Третий акт — ожидание результата торгов. Как ожидание исхода тяжелой операции. Тут несоответствие ситуации и поведения достигает вершины: стремятся прикрыть смертный страх музыкой, танцами, фокусами. И, наконец, узнают результат операции — смерть… А в смерти виноват тот, кому почему-то доверились, — Лопахин. Ведь это он поехал с Гаевым на торги, чтобы за пятнадцать тысяч, которые прислала ярославская бабушка, выкупить имение, а их, оказывается, не хватило, чтобы проценты заплатить… Гаев с Лопахиным уехали в город на торги, а Раневская затеяла бал, где Шарлотта показывает фокусы. Да какие фокусы! «Вот очень хороший плед, я желаю продавать. Не желает ли кто покупать?» — ерничает Шарлотта. «Ein, zwei, drei!» — выходит из-за пледа Аня — на продажу! «Ein, zwei, drei!» — выходит Варя — тоже продается, но никто не покупает. Вокруг Раневской крутится фантасмагория: кто-то ее о чем-то просит, другой приглашает на «вальсишку», а рядом Дуняша выясняет отношения с Епиходовым. Этот трагический ералаш кончается нелепым выстрелом револьвера Епиходова и ударом палки Вари по голове Лопахина. Монолог Лопахина — «Я купил!..» После напряженного ожидания, после клоунады и ерничанья — истерика Раневской: «А-а-а!..» И на фоне этих рыданий — беспомощные слова Ани о новой прекрасной жизни.

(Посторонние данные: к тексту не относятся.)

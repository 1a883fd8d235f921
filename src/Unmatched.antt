-- ===== src/Unmatched.antt =====
-- internal/unmatched/repository.go: the queue of records that wait for a match.
pub mod Keys
pub mod Rows
mod Tests
use inwheel_api.Common.{
  ℕ, ◌+◌, String, ◌==◌, Bool, not, ◌&&◌, List, [], ◌∷◌, map, any, keep, contains, eqb,
  if◌then◌else◌,
}
use inwheel_api.Common.Result.{message, Result, ok, err, Exec}
use inwheel_api.Float64.{Float64}
use inwheel_api.Models.{Time, Place, UnmatchedExternal}
use inwheel_api.Identity.Resolve.{EnqueueRepo}
use inwheel_api.Identity.Sweep.{SweepRepo}
use inwheel_api.Database.{Database, Postgres, statement}

-- UNIQUE (source, source_id)
abbrev pub same_key : String → String → UnmatchedExternal → Bool
same_key source source_id r = r.source == source && r.source_id == source_id

-- ON CONFLICT (source, source_id) DO UPDATE SET
abbrev pub refresh : UnmatchedExternal → UnmatchedExternal → UnmatchedExternal
refresh u r = record r {
  attempts = r.attempts + 1;
  last_attempted = u.last_attempted;
  payload = u.payload;
  name = u.name;
  category = u.category;
  street = u.street;
  house_number = u.house_number;
  lat = u.lat;
  lng = u.lng;
}

pub upsert_rows : UnmatchedExternal → ℕ → List UnmatchedExternal → List UnmatchedExternal
upsert_rows u id [] = record u { id = id } ∷ []
upsert_rows u id (r ∷ rs) =
    if same_key u.source u.source_id r then refresh u r ∷ rs else r ∷ upsert_rows u id rs

-- The sequence advances whether the row is inserted or refreshed.
unfoldable pub enqueue : Postgres → UnmatchedExternal → Exec Database (Unit {0})
unfolding upsert_rows
enqueue pg u = statement pg "enqueue unmatched" (λ db. (
  ok tt,
  record db {
    queue = upsert_rows u db.next_queue_id db.queue;
    next_queue_id = db.next_queue_id + 1;
  },
))

is_near_touched : Postgres → List String → Float64 → List Place → UnmatchedExternal → Bool
is_near_touched pg touched_ids radius_m places u =
    any (λ p. contains touched_ids p.id && pg.within u.lng u.lat p.lng p.lat radius_m) places

unfoldable pub find_candidates_near_touched :
    Postgres → List String → Float64 → Exec Database (List UnmatchedExternal)
unfolding is_near_touched
find_candidates_near_touched pg [] radius_m db = (ok [], db)
find_candidates_near_touched pg (id ∷ ids) radius_m db =
    statement pg "find candidates near touched"
      (λ db'. (ok (keep (is_near_touched pg (id ∷ ids) radius_m db'.places) db'.queue), db')) db

abbrev pub has_id : ℕ → List UnmatchedExternal → Bool
has_id id rows = any (λ r. eqb r.id id) rows

pub bump_rows : ℕ → Time → List UnmatchedExternal → List UnmatchedExternal
bump_rows id t [] = []
bump_rows id t (r ∷ rs) =
    (if eqb r.id id then record r { attempts = r.attempts + 1; last_attempted = t } else r)
    ∷ bump_rows id t rs

unfoldable pub bump_attempts : Postgres → ℕ → Time → Exec Database (Unit {0})
unfolding bump_rows
bump_attempts pg queue_id last_attempted = statement pg "bump attempts" (λ db.
    if has_id queue_id db.queue
    then (ok tt, record db { queue = bump_rows queue_id last_attempted db.queue })
    else (err (message "bump attempts: queue row not found"), db))

pub delete_rows : ℕ → List UnmatchedExternal → List UnmatchedExternal
delete_rows id [] = []
delete_rows id (r ∷ rs) = let rest = delete_rows id rs in if eqb r.id id then rest else r ∷ rest

pub delete : Postgres → ℕ → Exec Database (Unit {0})
unfolding delete_rows
delete pg queue_id = statement pg "delete unmatched" (λ db.
    if has_id queue_id db.queue
    then (ok tt, record db { queue = delete_rows queue_id db.queue })
    else (err (message "delete unmatched: queue row not found"), db))

-- The compile-time assertions: the repository is both interfaces.
abbrev pub enqueue_repo : Postgres → EnqueueRepo Database
enqueue_repo pg = record { enqueue = enqueue pg }

abbrev pub sweep_repo : Postgres → SweepRepo Database
sweep_repo pg = record {
  find_candidates_near_touched = find_candidates_near_touched pg;
  bump_attempts = bump_attempts pg;
  delete = delete pg;
}
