-- ===== src/Group/Read/Observed.antt =====
-- What the results of a group read come from, and which of the request they answer.
use gopcda.Prelude.{
  drop, drop-suc, get_elem?-of_drop, ℕ, zero, suc, ◌+◌, ◌≡◌, ◌≢◌, refl, sym, ap, subst, ◌∙◌, ◌⊎◌,
  inl, inr, Bool, true, false, not, ◌||◌, Option, none, some, List, [], ◌∷◌, ◌++◌, map, length,
  length-map, get_elem?, arith, All, Option-cases, Bool-cases, ◌==◌,
}
use gopcda.Prelude.Int.{ℤ, is_negative}
use gopcda.Prelude.Bytes.{Bytes}
use gopcda.Prelude.Assoc.{Assoc, lookup}
use gopcda.Errors.{Error, sentinel, item_not_registered}
use gopcda.Values.Runtime.{Runtime}
use gopcda.Group.Batches.{
  batches, batches-cover, concat, run_batches, run_batches_numbered, Outcome,
}
use gopcda.Group.State.{RegisteredItem, PersistentGroup, Reply, failed, answered}
use gopcda.Group.Read.{
  ReadResult, ItemState, ReadResponse, Slot, Known, read_result, item_result, with_value,
  failed_read, read_results, batch_results, plan_slots, plan_known, fill, fill_all, known_ids,
  read_batch, partial_results, results_of, take_reply, read_locked, unregistered_slot,
}

-- The result is what the entry at the item's place in the arrays gives for its ItemID.
abbrev pub Carries : Runtime → ReadResult → List Known → List ItemState → List ℤ → Type 0
Carries rt r (k ∷ ks) (s ∷ states) (code ∷ codes) =
    (r ≡ read_result rt k.id s code) ⊎ Carries rt r ks states codes
Carries rt r _ _ _ = ⊥

-- The result comes from an answered batch: the reply to its number.
abbrev pub FromReply : Runtime → (ℕ → Reply ReadResponse) → List (List Known) → ReadResult → Type 0
FromReply rt replies all r =
    (k : ℕ) × (batch : List Known) × (a : ReadResponse) × (get_elem? all k ≡ some batch)
    × (replies k ≡ answered a)
    × Carries rt r batch a.states a.errors

-- Either the item is not registered and the result says so, or the server has answered for it.
abbrev pub IsObserved :
    Runtime → (ℕ → Reply ReadResponse) → Assoc RegisteredItem → List Bytes → ReadResult → Type 0
IsObserved rt replies items ids r =
    ((lookup r.item_id items ≡ none) × (r ≡ failed_read r.item_id (sentinel item_not_registered)))
    ⊎ FromReply rt replies (batches (plan_known items 0 ids)) r

pub data IsSubsequence : List Bytes → List Bytes → Type 0 where
  stop : IsSubsequence [] []
  skip : {xs ys : List Bytes} (y : Bytes) → IsSubsequence xs ys → IsSubsequence xs (y ∷ ys)
  take : {xs ys : List Bytes} (y : Bytes) → IsSubsequence xs ys → IsSubsequence (y ∷ xs) (y ∷ ys)

abbrev pub ids_of : List ReadResult → List Bytes
ids_of = map λ r. r.item_id

abbrev slot_ids : List Slot → List Bytes
slot_ids = map λ s. s.result.item_id

read_result-id :
    (rt : Runtime) (id : Bytes) (s : ItemState) (code : ℤ) → (read_result rt id s code).item_id ≡ id
unfolding read_result item_result with_value
read_result-id rt id s code = ground arith

observed_at : Option Slot → Bool
observed_at none = true
observed_at (some s) = s.observed

partial_results-IsSubsequence :
    (slots : List Slot) → IsSubsequence (ids_of (partial_results slots)) (slot_ids slots)
unfolding partial_results
partial_results-IsSubsequence [] = stop
partial_results-IsSubsequence (s ∷ rest) = elim (Bool-cases s.observed) [
  | inl e ↦ rw (e, partial_results) (take s.result.item_id (partial_results-IsSubsequence rest))
  | inr e ↦ rw (e, partial_results) (skip s.result.item_id (partial_results-IsSubsequence rest))
]

module _ (rt : Runtime) (replies : ℕ → Reply ReadResponse) (items : Assoc RegisteredItem)
    (ids : List Bytes) where
  -- A registered item stands at its position of the request.
  abbrev IsPlaced : List Known → Type 0
  IsPlaced = All λ k. get_elem? ids k.position ≡ some k.id

  -- One of the items is to fill the position.
  abbrev Awaits : ℕ → List Known → Type 0
  Awaits j [] = ⊥
  Awaits j (k ∷ ks) = (k.position ≡ j) ⊎ Awaits j ks

  -- The slots of the request, of which `left` are still to be filled.
  record IsFilling (left : List Known) (slots : List Slot) : Type 0 where
    same_ids : slot_ids slots ≡ ids
    truthful : All (λ s. s.observed ≡ true → IsObserved rt replies items ids s.result) slots
    awaited : (j : ℕ) (s : Slot) → get_elem? slots j ≡ some s → s.observed ≡ false → Awaits j left
    placed : IsPlaced left

  slot_ids-fill :
      (j : ℕ) (v : ReadResult) (slots : List Slot)
      → get_elem? (slot_ids slots) j ≡ some v.item_id
      → slot_ids (fill j v slots) ≡ slot_ids slots
  unfolding fill
  slot_ids-fill j v [] h = refl
  slot_ids-fill zero v (x ∷ xs) h =
      let e : v.item_id ≡ x.result.item_id = cc in ap (λ k. k ∷ slot_ids xs) e
  slot_ids-fill (suc j) v (x ∷ xs) h = ap (◌∷◌ x.result.item_id) (slot_ids-fill j v xs h)

  truthful-fill :
      (j : ℕ) (v : ReadResult) (slots : List Slot)
      → IsObserved rt replies items ids v
      → All (λ s. s.observed ≡ true → IsObserved rt replies items ids s.result) slots
      → All (λ s. s.observed ≡ true → IsObserved rt replies items ids s.result) (fill j v slots)
  unfolding fill
  truthful-fill j v [] o h = tt
  truthful-fill zero v (x ∷ xs) o h = ((λ e. o), h.1)
  truthful-fill (suc j) v (x ∷ xs) o h = (h.0, truthful-fill j v xs o h.1)

  -- A filled slot is observed; the others are as they were.
  unfilled :
      (p j : ℕ) (v : ReadResult) (slots : List Slot) (s : Slot)
      → get_elem? (fill p v slots) j ≡ some s
      → s.observed ≡ false
      → (p ≢ j) × (get_elem? slots j ≡ some s)
  unfolding fill observed_at
  unfilled p j v [] s h o = cc
  unfilled zero zero v (x ∷ xs) s h o = cc (ap observed_at h)
  unfilled zero (suc j) v (x ∷ xs) s h o = ((λ e. absurd (omega arith)), h)
  unfilled (suc p) zero v (x ∷ xs) s h o = ((λ e. absurd (omega arith)), h)
  unfilled (suc p) (suc j) v (x ∷ xs) s h o =
      let (ne, e) = unfilled p j v xs s h o in ((λ q. ne (omega arith)), e)

  fill-IsFilling :
      (k : Known) (left : List Known) (v : ReadResult) (slots : List Slot)
      → v.item_id ≡ k.id
      → IsObserved rt replies items ids v
      → IsFilling (k ∷ left) slots
      → IsFilling left (fill k.position v slots)
  fill-IsFilling k left v slots e o h = record {
    same_ids = slot_ids-fill k.position v slots (rw (h.same_ids, e) h.placed.0) ∙ h.same_ids;
    truthful = truthful-fill k.position v slots o h.truthful;
    awaited = λ j s g f.
        let (ne, old) = unfilled k.position j v slots s g f in
        elim (h.awaited j s old f) [ inl same ↦ absurd (ne same) | inr more ↦ more ];
    placed = h.placed.1;
  }

  fill_all-IsFilling :
      (chunk left : List Known) (states : List ItemState) (codes : List ℤ) (slots : List Slot)
      → ((r : ReadResult)
          → Carries rt r chunk states codes
          → FromReply rt replies (batches (plan_known items 0 ids)) r)
      → length states ≡ length chunk
      → length codes ≡ length chunk
      → IsFilling (chunk ++ left) slots
      → IsFilling left (fill_all chunk (read_results rt (known_ids chunk) states codes) slots)
  unfolding fill_all read_results
  fill_all-IsFilling [] left states codes slots within l m h = h
  fill_all-IsFilling (k ∷ ks) left [] codes slots within l m h = absurd (omega arith)
  fill_all-IsFilling (k ∷ ks) left (s ∷ states) [] slots within l m h = absurd (omega arith)
  fill_all-IsFilling (k ∷ ks) left (s ∷ states) (c ∷ codes) slots within l m h =
      fill_all-IsFilling ks left states codes _ (λ r i. within r (inr i)) (omega arith)
        (omega arith) (fill-IsFilling k (ks ++ left) v slots same (inr (within v (inl refl))) h)
    where
      v : ReadResult
      v = read_result rt k.id s c

      same : v.item_id ≡ k.id
      same = read_result-id rt k.id s c

  abbrev IsTaken : List Known → List Known → List Slot × Option Error → Type 0
  IsTaken chunk left = Outcome (IsFilling left) (λ e. IsFilling (chunk ++ left))

  take_reply-IsTaken :
      (n : ℕ) (r : Reply ReadResponse) (chunk left : List Known) (slots : List Slot)
      → get_elem? (batches (plan_known items 0 ids)) n ≡ some chunk
      → replies n ≡ r
      → IsFilling (chunk ++ left) slots
      → IsTaken chunk left (take_reply rt chunk slots r)
  unfolding take_reply batch_results
  take_reply-IsTaken n (failed e) chunk left slots at q h = h
  take_reply-IsTaken n (answered a) chunk left slots at q h =
      elim (Bool-cases (is_negative a.hresult)) [
        | inl e ↦ rw (e, take_reply) h
        | inr e ↦
            elim (Bool-cases (
              not (length a.errors == length (known_ids chunk))
              || not (length a.states == length (known_ids chunk)))) [
                | inl e' ↦ rw (e, e', take_reply) h
                | inr e' ↦
                    rw (e, e', take_reply)
                      (fill_all-IsFilling chunk left a.states a.errors slots
                        (λ r c. (n, chunk, a, at, q, c)) (lengths e').1 (lengths e').0 h)
              ]
      ]
    where
      lengths :
          (not (length a.errors == length (known_ids chunk))
              || not (length a.states == length (known_ids chunk)))
            ≡ false
          → (length a.errors ≡ length chunk) × (length a.states ≡ length chunk)
      lengths e = ground (arith, length-map (λ (k : Known). k.id) chunk)

  plan_slots-ids : (rest : List Bytes) → slot_ids (plan_slots items rest) ≡ rest
  unfolding plan_slots
  plan_slots-ids [] = refl
  plan_slots-ids (id ∷ rest) = elim (Option-cases (lookup id items)) [
    | inl e ↦ rw (e, plan_slots-ids rest)
    | inr (v, e) ↦ rw (e, plan_slots-ids rest)
  ]

  plan_slots-truthful :
      (rest : List Bytes)
      → All
          (λ s. s.observed ≡ true → IsObserved rt replies items ids s.result)
          (plan_slots items rest)
  unfolding plan_slots
  plan_slots-truthful [] = tt
  plan_slots-truthful (id ∷ rest) = elim (Option-cases (lookup id items)) [
    | inl e ↦ rw e ((λ _. inl (e, refl)), plan_slots-truthful rest)
    | inr (v, e) ↦ rw e ((λ o. absurd (cc o)), plan_slots-truthful rest)
  ]

  plan_slots-awaited :
      (i : ℕ) (rest : List Bytes) (p j : ℕ) (s : Slot)
      → p ≡ i + j
      → get_elem? (plan_slots items rest) j ≡ some s
      → s.observed ≡ false
      → Awaits p (plan_known items i rest)
  unfolding plan_slots plan_known observed_at
  plan_slots-awaited i [] p j s q g f = cc
  plan_slots-awaited i (id ∷ rest) p zero s q g f = elim (Option-cases (lookup id items)) [
    | inl e ↦ absurd (not_waiting e)
    | inr (v, e) ↦ rw (e, plan_known) (inl (omega arith))
  ]
    where
      not_waiting : lookup id items ≡ none → ⊥
      not_waiting e =
          let o : some (unregistered_slot id) ≡ some s = rw e at g in cc (ap observed_at o)
  plan_slots-awaited i (id ∷ rest) p (suc j) s q g f = elim (Option-cases (lookup id items)) [
    | inl e ↦ rw (e, plan_known) (plan_slots-awaited (suc i) rest p j s (omega arith) g f)
    | inr (v, e) ↦
        rw (e, plan_known) (inr (plan_slots-awaited (suc i) rest p j s (omega arith) g f))
  ]

  plan_known-IsPlaced :
      (i : ℕ) (rest : List Bytes)
      → ((p j : ℕ) (x : Bytes) → p ≡ i + j → get_elem? rest j ≡ some x → get_elem? ids p ≡ some x)
      → IsPlaced (plan_known items i rest)
  unfolding plan_known
  plan_known-IsPlaced i [] within = tt
  plan_known-IsPlaced i (id ∷ rest) within = elim (Option-cases (lookup id items)) [
    | inl e ↦ rw (e, plan_known) (plan_known-IsPlaced (suc i) rest (later within))
    | inr (v, e) ↦
        rw (e, plan_known)
          (within i 0 id (omega arith) refl, plan_known-IsPlaced (suc i) rest (later within))
  ]
    where
      later :
          ((p j : ℕ) (x : Bytes)
            → p ≡ i + j
            → get_elem? (id ∷ rest) j ≡ some x
            → get_elem? ids p ≡ some x)
          → (p j : ℕ) (x : Bytes) → p ≡ suc i + j
          → get_elem? rest j ≡ some x
          → get_elem? ids p ≡ some x
      later h p j x q = h p (suc j) x (omega arith)

  plan-IsFilling : IsFilling (concat (batches (plan_known items 0 ids))) (plan_slots items ids)
  plan-IsFilling = rw ((batches-cover (plan_known items 0 ids)).0) record {
    same_ids = plan_slots-ids ids;
    truthful = plan_slots-truthful ids;
    awaited = λ j s g f. plan_slots-awaited 0 ids j j s (omega arith) g f;
    placed =
        plan_known-IsPlaced 0 ids
          (λ p j x q e. subst (λ k. get_elem? ids k ≡ some x) (omega arith) e);
  }

  observed_results :
      (slots : List Slot)
      → ((j : ℕ) (s : Slot) → get_elem? slots j ≡ some s → s.observed ≡ false → ⊥)
      → All (λ s. s.observed ≡ true → IsObserved rt replies items ids s.result) slots
      → All (IsObserved rt replies items ids) (map (λ s. s.result) slots)
  observed_results [] full h = tt
  observed_results (s ∷ rest) full h = elim (Bool-cases s.observed) [
    | inl e ↦ (h.0 e, observed_results rest (λ j. full (suc j)) h.1)
    | inr e ↦ absurd (full 0 s refl e)
  ]

  partial_results-IsObserved :
      (slots : List Slot)
      → All (λ s. s.observed ≡ true → IsObserved rt replies items ids s.result) slots
      → All (IsObserved rt replies items ids) (partial_results slots)
  unfolding partial_results
  partial_results-IsObserved [] h = tt
  partial_results-IsObserved (s ∷ rest) h = elim (Bool-cases s.observed) [
    | inl e ↦ rw (e, partial_results) (h.0 e, partial_results-IsObserved rest h.1)
    | inr e ↦ rw (e, partial_results) (partial_results-IsObserved rest h.1)
  ]

  -- What a caller gets: the results, and the operation error if there is one.
  abbrev pub IsAnswer : List ReadResult × Option Error → Type 0
  IsAnswer (results, none) = (ids_of results ≡ ids) × All (IsObserved rt replies items ids) results
  IsAnswer (results, some e) =
      IsSubsequence (ids_of results) ids × All (IsObserved rt replies items ids) results

  abbrev IsRun : List Slot × Option Error → Type 0
  IsRun = Outcome (IsFilling []) (λ e slots. (left : List Known) × IsFilling left slots)

  map-ids : (slots : List Slot) → ids_of (map (λ s. s.result) slots) ≡ slot_ids slots
  map-ids [] = refl
  map-ids (s ∷ rest) = ap (◌∷◌ s.result.item_id) (map-ids rest)

  results_of-IsAnswer : (r : List Slot × Option Error) → IsRun r → IsAnswer (results_of r)
  results_of-IsAnswer (slots, none) h =
      (map-ids slots ∙ h.same_ids, observed_results slots h.awaited h.truthful)
  results_of-IsAnswer (slots, some e) h = (
    rw (sym h.1.same_ids) (partial_results-IsSubsequence slots),
    partial_results-IsObserved slots h.1.truthful,
  )

  run_batches-IsRun : IsRun (
      run_batches
        (read_batch rt replies)
        0
        (batches (plan_known items 0 ids))
        (plan_slots items ids))
  unfolding read_batch
  run_batches-IsRun = end (run_batches (read_batch rt replies) 0 all (plan_slots items ids)) (
      run_batches_numbered (read_batch rt replies)
        (λ k bs slots. (drop k all ≡ bs) × IsFilling (concat bs) slots) Stopped
        (λ k b bs s h.
          weaken k b bs (take_reply rt b s (replies k)) h.0 (
            take_reply-IsTaken k (replies k) b (concat bs) s (get_elem?-of_drop k all h.0) refl
              h.1))
        0 all (plan_slots items ids) (refl, plan-IsFilling))
    where
      all : List (List Known)
      all = batches (plan_known items 0 ids)

      Stopped : Error → List Slot → Type 0
      Stopped e slots = (left : List Known) × IsFilling left slots

      weaken :
          (k : ℕ) (b : List Known) (bs : List (List Known)) (r : List Slot × Option Error)
          → drop k all ≡ b ∷ bs
          → IsTaken b (concat bs) r
          → Outcome (λ slots. (drop (suc k) all ≡ bs) × IsFilling (concat bs) slots) Stopped r
      weaken k b bs (slots, none) e h = (drop-suc k all e, h)
      weaken k b bs (slots, some x) e h = (b ++ concat bs, h)

      end :
          (r : List Slot × Option Error)
          → Outcome (λ slots. (k : ℕ) × ((drop k all ≡ []) × IsFilling [] slots)) Stopped r
          → IsRun r
      end (slots, none) h = h.1.1
      end (slots, some x) h = h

В апреле, вечерами, начались, наконец, репетиции с Эфросом. Пошли с первого акта, и все заново. Роли более или менее мы уже знаем, хоть и ходим по мизансценам с книжками. Я, как всегда, со шпаргалочками, рассованными по всем карманам. Эфросу это забавно. Посмеивается. Относился к нам, как к детям, которых надо чем-то занимать и поощрять. Предостерегая нас от сентиментальности, говорил, что лучше уйти в другую крайность — в ерничанье, хотя успех возможен только тода, когда гармонично сочетаются расчет и ум с сердечностью, детскостью, открытостью. Мне все очень нравится. И его юмор, и посмеивание, и тоже детская заинтересованность, когда что-то получается.